Required work → Begin at the line containing "laws hold for" in the data below and go on through the line containing "pub trans : (a", repeating each line exactly; include both ends and no other line.

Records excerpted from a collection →
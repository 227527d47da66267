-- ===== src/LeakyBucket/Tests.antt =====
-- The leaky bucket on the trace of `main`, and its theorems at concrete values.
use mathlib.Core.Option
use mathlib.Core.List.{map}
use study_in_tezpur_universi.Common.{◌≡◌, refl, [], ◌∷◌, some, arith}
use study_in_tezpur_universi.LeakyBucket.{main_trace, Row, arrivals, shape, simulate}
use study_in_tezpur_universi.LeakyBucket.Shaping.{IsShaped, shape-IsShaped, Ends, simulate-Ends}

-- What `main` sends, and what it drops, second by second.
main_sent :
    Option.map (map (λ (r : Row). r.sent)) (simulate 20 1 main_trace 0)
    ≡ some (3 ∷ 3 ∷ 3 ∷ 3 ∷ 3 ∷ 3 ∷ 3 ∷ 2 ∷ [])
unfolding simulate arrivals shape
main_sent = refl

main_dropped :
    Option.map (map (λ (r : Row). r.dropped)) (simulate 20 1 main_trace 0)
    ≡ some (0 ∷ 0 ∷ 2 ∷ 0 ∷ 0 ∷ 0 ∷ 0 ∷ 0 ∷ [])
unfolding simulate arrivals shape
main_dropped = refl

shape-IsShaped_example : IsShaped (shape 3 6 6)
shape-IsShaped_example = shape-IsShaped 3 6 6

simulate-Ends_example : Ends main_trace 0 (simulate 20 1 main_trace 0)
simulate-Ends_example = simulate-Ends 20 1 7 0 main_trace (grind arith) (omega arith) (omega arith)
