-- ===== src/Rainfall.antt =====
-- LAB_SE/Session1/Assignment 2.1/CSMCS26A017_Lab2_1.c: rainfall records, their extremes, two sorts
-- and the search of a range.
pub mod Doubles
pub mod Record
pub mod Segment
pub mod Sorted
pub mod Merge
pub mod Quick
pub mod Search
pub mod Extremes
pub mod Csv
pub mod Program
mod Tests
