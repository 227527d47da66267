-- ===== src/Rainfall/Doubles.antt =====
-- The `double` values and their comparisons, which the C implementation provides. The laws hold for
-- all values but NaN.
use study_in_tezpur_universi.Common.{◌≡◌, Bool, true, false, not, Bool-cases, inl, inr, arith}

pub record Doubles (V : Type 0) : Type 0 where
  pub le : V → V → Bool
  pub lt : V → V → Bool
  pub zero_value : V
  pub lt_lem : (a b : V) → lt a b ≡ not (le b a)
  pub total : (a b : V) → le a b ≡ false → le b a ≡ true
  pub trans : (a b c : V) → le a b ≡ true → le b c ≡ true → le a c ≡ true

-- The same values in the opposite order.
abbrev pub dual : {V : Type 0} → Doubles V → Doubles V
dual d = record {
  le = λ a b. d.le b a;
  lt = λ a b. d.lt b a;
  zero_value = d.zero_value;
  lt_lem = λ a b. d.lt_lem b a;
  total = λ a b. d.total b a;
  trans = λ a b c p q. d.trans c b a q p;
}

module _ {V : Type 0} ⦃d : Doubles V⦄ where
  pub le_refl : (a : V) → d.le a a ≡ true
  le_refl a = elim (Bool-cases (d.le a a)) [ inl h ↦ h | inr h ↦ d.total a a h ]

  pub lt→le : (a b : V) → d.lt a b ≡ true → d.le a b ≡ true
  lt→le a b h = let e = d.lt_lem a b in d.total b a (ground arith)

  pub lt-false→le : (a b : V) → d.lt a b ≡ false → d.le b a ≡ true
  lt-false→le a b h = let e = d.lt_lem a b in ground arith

Answer to this problem →
-- The `double` values and their comparisons, which the C implementation provides. The laws hold for
-- all values but NaN.
use study_in_tezpur_universi.Common.{◌≡◌, Bool, true, false, not, Bool-cases, inl, inr, arith}

pub record Doubles (V : Type 0) : Type 0 where
  pub le : V → V → Bool
  pub lt : V → V → Bool
  pub zero_value : V
  pub lt_lem : (a b : V) → lt a b ≡ not (le b a)
  pub total : (a b : V) → le a b ≡ false → le b a ≡ true
  pub trans : (a b c : V) → le a b ≡ true → le b c ≡ true → le a c ≡ true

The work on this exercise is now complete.